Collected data

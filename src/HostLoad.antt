-- ===== src/HostLoad.antt =====
-- packages/shared/src/host-load.ts: the CPU busy fraction between two samples, the capacity score
-- of a machine, and the rolling average of samples. Times and speeds are whole
-- numbers.
use remote_build_orchestrato.Common.{
  ℕ, ◌+◌, ◌-◌, ◌*◌, ◌≤◌, ◌≡◌, true, Option, none, some, List, [], ◌∷◌, ◌++◌, arith, ltb, ◌==◌,
  if◌then◌else◌, length, length-append, Bool-cases, min, inl, inr,
}
use remote_build_orchestrato.Common.Int.{ℤ, pos, negsuc, sub_ℕ, ◌+ℤ◌}
use remote_build_orchestrato.Fraction.{Fraction, whole, le_frac}

pub record CpuTimes : Type 0 where
  pub user : ℕ
  pub nice : ℕ
  pub sys : ℕ
  pub idle : ℕ
  pub irq : ℕ

abbrev total : CpuTimes → ℕ
total t = t.user + t.nice + t.sys + t.idle + t.irq

-- The sums of the loop over the cores that both snapshots have; a counter may also fall.
unfoldable pub deltas : List CpuTimes → List CpuTimes → ℤ × ℤ
deltas [] after = (pos 0, pos 0)
deltas (b ∷ before) [] = (pos 0, pos 0)
deltas (b ∷ before) (a ∷ after) =
    let (idle_delta, total_delta) = deltas before after in
    (sub_ℕ a.idle b.idle +ℤ idle_delta, sub_ℕ (total a) (total b) +ℤ total_delta)

-- 1 - idle / total clamped to [0, 1], for a positive total.
clamped : ℕ → ℤ → Fraction
clamped total_delta (negsuc idle) = whole 1
clamped total_delta (pos idle) = record { num = total_delta - idle; den = total_delta }

busy_of : ℤ → ℤ → Fraction
unfolding clamped
busy_of idle_delta (negsuc t) = whole 0
busy_of idle_delta (pos t) = if t == 0 then whole 0 else clamped t idle_delta

unfoldable pub compute_cpu_busy_fraction : List CpuTimes → List CpuTimes → Fraction
unfolding deltas busy_of
compute_cpu_busy_fraction before after =
    let (idle_delta, total_delta) = deltas before after in busy_of idle_delta total_delta

abbrev pub default_capacity_memory_reference_mb : ℕ
default_capacity_memory_reference_mb = 4096

abbrev pub default_reference_capacity_score : ℕ
default_reference_capacity_score = 8 * 3000

pub record Machine : Type 0 where
  pub cpu_logical : ℕ
  pub cpu_speed_mhz : ℕ
  pub memory_free_mb : Option ℕ
  pub memory_reference_mb : Option ℕ

abbrev or_else : Option ℕ → ℕ → ℕ
or_else none d = d
or_else (some a) d = a

abbrev raw_power : Machine → ℕ
raw_power m = m.cpu_logical * m.cpu_speed_mhz

score_of : ℕ → ℕ → ℕ → Fraction
score_of raw reference free =
    if reference == 0 then whole raw else record { num = raw * min free reference; den = reference }

unfoldable pub compute_capacity_score : Machine → Fraction
unfolding score_of
compute_capacity_score m = elim m.memory_free_mb [
  | none ↦ whole (raw_power m)
  | some free ↦
      score_of (raw_power m) (or_else m.memory_reference_mb default_capacity_memory_reference_mb)
        free
]

-- The monitor keeps the last samples, here in equal parts of 1.
pub record HostCpuMonitor : Type 0 where
  pub samples : List ℕ
  pub history_size : ℕ

abbrev pub default_history_size : ℕ
default_history_size = 3

abbrev shift : List ℕ → List ℕ
shift [] = []
shift (s ∷ samples) = samples

-- A failed probe is `none`, and changes nothing.
unfoldable pub sample_once : HostCpuMonitor → Option ℕ → HostCpuMonitor
sample_once m none = m
sample_once m (some value) =
    let pushed = m.samples ++ value ∷ [] in
    record m { samples = if ltb m.history_size (length pushed) then shift pushed else pushed }

unfoldable pub sum : List ℕ → ℕ
sum [] = 0
sum (s ∷ samples) = s + sum samples

-- The mean of the samples, each a number of `unit`-ths; 1 before the first.
unfoldable pub current_busy_fraction : ℕ → HostCpuMonitor → Fraction
unfolding sum
current_busy_fraction unit m =
    if length m.samples == 0
    then whole 1
    else record { num = sum m.samples; den = length m.samples * unit }

scaled_mono : (raw x y r : ℕ) → x ≤ y → raw * x * r ≤ raw * y * r
scaled_mono raw x y r h = grind arith

score_of_mono :
    (raw reference free more : ℕ)
    → free ≤ more
    → (le_frac (score_of raw reference free) (score_of raw reference more) ≡ true)
      × (le_frac (score_of raw reference more) (whole raw) ≡ true)
unfolding score_of
score_of_mono raw reference free more h = elim (Bool-cases (reference == 0)) [
  | inl zero_reference ↦ rw zero_reference (ground arith)
  | inr positive ↦ rw positive (
      ground (
        arith,
        scaled_mono raw (min free reference) (min more reference) reference,
        scaled_mono raw (min more reference) reference 1,
      ))
]

-- More free memory never lowers the score, and the score never passes the raw power.
pub capacity_score_mono :
    (m : Machine) (free more : ℕ)
    → free ≤ more
    → let less = compute_capacity_score (record m { memory_free_mb = some free }) in
      let greater = compute_capacity_score (record m { memory_free_mb = some more }) in
      (le_frac less greater ≡ true) × (le_frac greater (whole (raw_power m)) ≡ true)
unfolding compute_capacity_score
capacity_score_mono m free more h =
    score_of_mono (raw_power m) (or_else m.memory_reference_mb default_capacity_memory_reference_mb)
      free more h

length-shift : (xs : List ℕ) → length (shift xs) ≡ length xs - 1
length-shift [] = omega arith
length-shift (x ∷ xs) = omega arith

-- A probe, failed or not, keeps the samples within the history size.
pub sample_once-bounded :
    (m : HostCpuMonitor) (probe : Option ℕ)
    → length m.samples ≤ m.history_size
    → length (sample_once m probe).samples ≤ m.history_size
unfolding sample_once
sample_once-bounded m none b = b
sample_once-bounded m (some value) b =
    ground (arith, length-append m.samples (value ∷ []), length-shift (m.samples ++ value ∷ []))

busy_of-in_range : (idle total_delta : ℤ) → le_frac (busy_of idle total_delta) (whole 1) ≡ true
unfolding busy_of
busy_of-in_range idle total_delta = ground arith

-- The busy fraction is at most 1, whatever the counters do.
pub busy-le-one :
    (before after : List CpuTimes)
    → le_frac (compute_cpu_busy_fraction before after) (whole 1) ≡ true
unfolding compute_cpu_busy_fraction
busy-le-one before after = busy_of-in_range (deltas before after).0 (deltas before after).1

### [EXERCISE GOAL]
Give the data again, exactly as written.

### [WRITTEN ANSWER]
filename src/HostLoad.antt
-- ===== src/HostLoad.antt =====
-- packages/shared/src/host-load.ts: the CPU busy fraction between two samples, the capacity score
-- of a machine, and the rolling average of samples. Times and speeds are whole
-- numbers.
use remote_build_orchestrato.Common.{
  ℕ, ◌+◌, ◌-◌, ◌*◌, ◌≤◌, ◌≡◌, true, Option, none, some, List, [], ◌∷◌, ◌++◌, arith, ltb, ◌==◌,
  if◌then◌else◌, length, length-append, Bool-cases, min, inl, inr,
}
use remote_build_orchestrato.Common.Int.{ℤ, pos, negsuc, sub_ℕ, ◌+ℤ◌}
use remote_build_orchestrato.Fraction.{Fraction, whole, le_frac}

pub record CpuTimes : Type 0 where
  pub user : ℕ
  pub nice : ℕ
  pub sys : ℕ
  pub idle : ℕ
  pub irq : ℕ

abbrev total : CpuTimes → ℕ
total t = t.user + t.nice + t.sys + t.idle + t.irq

-- The sums of the loop over the cores that both snapshots have; a counter may also fall.
unfoldable pub deltas : List CpuTimes → List CpuTimes → ℤ × ℤ
deltas [] after = (pos 0, pos 0)
deltas (b ∷ before) [] = (pos 0, pos 0)
deltas (b ∷ before) (a ∷ after) =
    let (idle_delta, total_delta) = deltas before after in
    (sub_ℕ a.idle b.idle +ℤ idle_delta, sub_ℕ (total a) (total b) +ℤ total_delta)

-- 1 - idle / total clamped to [0, 1], for a positive total.
clamped : ℕ → ℤ → Fraction
clamped total_delta (negsuc idle) = whole 1
clamped total_delta (pos idle) = record { num = total_delta - idle; den = total_delta }

busy_of : ℤ → ℤ → Fraction
unfolding clamped
busy_of idle_delta (negsuc t) = whole 0
busy_of idle_delta (pos t) = if t == 0 then whole 0 else clamped t idle_delta

unfoldable pub compute_cpu_busy_fraction : List CpuTimes → List CpuTimes → Fraction
unfolding deltas busy_of
compute_cpu_busy_fraction before after =
    let (idle_delta, total_delta) = deltas before after in busy_of idle_delta total_delta

abbrev pub default_capacity_memory_reference_mb : ℕ
default_capacity_memory_reference_mb = 4096

abbrev pub default_reference_capacity_score : ℕ
default_reference_capacity_score = 8 * 3000

pub record Machine : Type 0 where
  pub cpu_logical : ℕ
  pub cpu_speed_mhz : ℕ
  pub memory_free_mb : Option ℕ
  pub memory_reference_mb : Option ℕ

abbrev or_else : Option ℕ → ℕ → ℕ
or_else none d = d
or_else (some a) d = a

abbrev raw_power : Machine → ℕ
raw_power m = m.cpu_logical * m.cpu_speed_mhz

score_of : ℕ → ℕ → ℕ → Fraction
score_of raw reference free =
    if reference == 0 then whole raw else record { num = raw * min free reference; den = reference }

unfoldable pub compute_capacity_score : Machine → Fraction
unfolding score_of
compute_capacity_score m = elim m.memory_free_mb [
  | none ↦ whole (raw_power m)
  | some free ↦
      score_of (raw_power m) (or_else m.memory_reference_mb default_capacity_memory_reference_mb)
        free
]

-- The monitor keeps the last samples, here in equal parts of 1.
pub record HostCpuMonitor : Type 0 where
  pub samples : List ℕ
  pub history_size : ℕ

abbrev pub default_history_size : ℕ
default_history_size = 3

abbrev shift : List ℕ → List ℕ
shift [] = []
shift (s ∷ samples) = samples

-- A failed probe is `none`, and changes nothing.
unfoldable pub sample_once : HostCpuMonitor → Option ℕ → HostCpuMonitor
sample_once m none = m
sample_once m (some value) =
    let pushed = m.samples ++ value ∷ [] in
    record m { samples = if ltb m.history_size (length pushed) then shift pushed else pushed }

unfoldable pub sum : List ℕ → ℕ
sum [] = 0
sum (s ∷ samples) = s + sum samples

-- The mean of the samples, each a number of `unit`-ths; 1 before the first.
unfoldable pub current_busy_fraction : ℕ → HostCpuMonitor → Fraction
unfolding sum
current_busy_fraction unit m =
    if length m.samples == 0
    then whole 1
    else record { num = sum m.samples; den = length m.samples * unit }

scaled_mono : (raw x y r : ℕ) → x ≤ y → raw * x * r ≤ raw * y * r
scaled_mono raw x y r h = grind arith

score_of_mono :
    (raw reference free more : ℕ)
    → free ≤ more
    → (le_frac (score_of raw reference free) (score_of raw reference more) ≡ true)
      × (le_frac (score_of raw reference more) (whole raw) ≡ true)
unfolding score_of
score_of_mono raw reference free more h = elim (Bool-cases (reference == 0)) [
  | inl zero_reference ↦ rw zero_reference (ground arith)
  | inr positive ↦ rw positive (
      ground (
        arith,
        scaled_mono raw (min free reference) (min more reference) reference,
        scaled_mono raw (min more reference) reference 1,
      ))
]

-- More free memory never lowers the score, and the score never passes the raw power.
pub capacity_score_mono :
    (m : Machine) (free more : ℕ)
    → free ≤ more
    → let less = compute_capacity_score (record m { memory_free_mb = some free }) in
      let greater = compute_capacity_score (record m { memory_free_mb = some more }) in
      (le_frac less greater ≡ true) × (le_frac greater (whole (raw_power m)) ≡ true)
unfolding compute_capacity_score
capacity_score_mono m free more h =
    score_of_mono (raw_power m) (or_else m.memory_reference_mb default_capacity_memory_reference_mb)
      free more h

length-shift : (xs : List ℕ) → length (shift xs) ≡ length xs - 1
length-shift [] = omega arith
length-shift (x ∷ xs) = omega arith

-- A probe, failed or not, keeps the samples within the history size.
pub sample_once-bounded :
    (m : HostCpuMonitor) (probe : Option ℕ)
    → length m.samples ≤ m.history_size
    → length (sample_once m probe).samples ≤ m.history_size
unfolding sample_once
sample_once-bounded m none b = b
sample_once-bounded m (some value) b =
    ground (arith, length-append m.samples (value ∷ []), length-shift (m.samples ++ value ∷ []))

busy_of-in_range : (idle total_delta : ℤ) → le_frac (busy_of idle total_delta) (whole 1) ≡ true
unfolding busy_of
busy_of-in_range idle total_delta = ground arith

-- The busy fraction is at most 1, whatever the counters do.
pub busy-le-one :
    (before after : List CpuTimes)
    → le_frac (compute_cpu_busy_fraction before after) (whole 1) ≡ true
unfolding compute_cpu_busy_fraction
busy-le-one before after = busy_of-in_range (deltas before after).0 (deltas before after).1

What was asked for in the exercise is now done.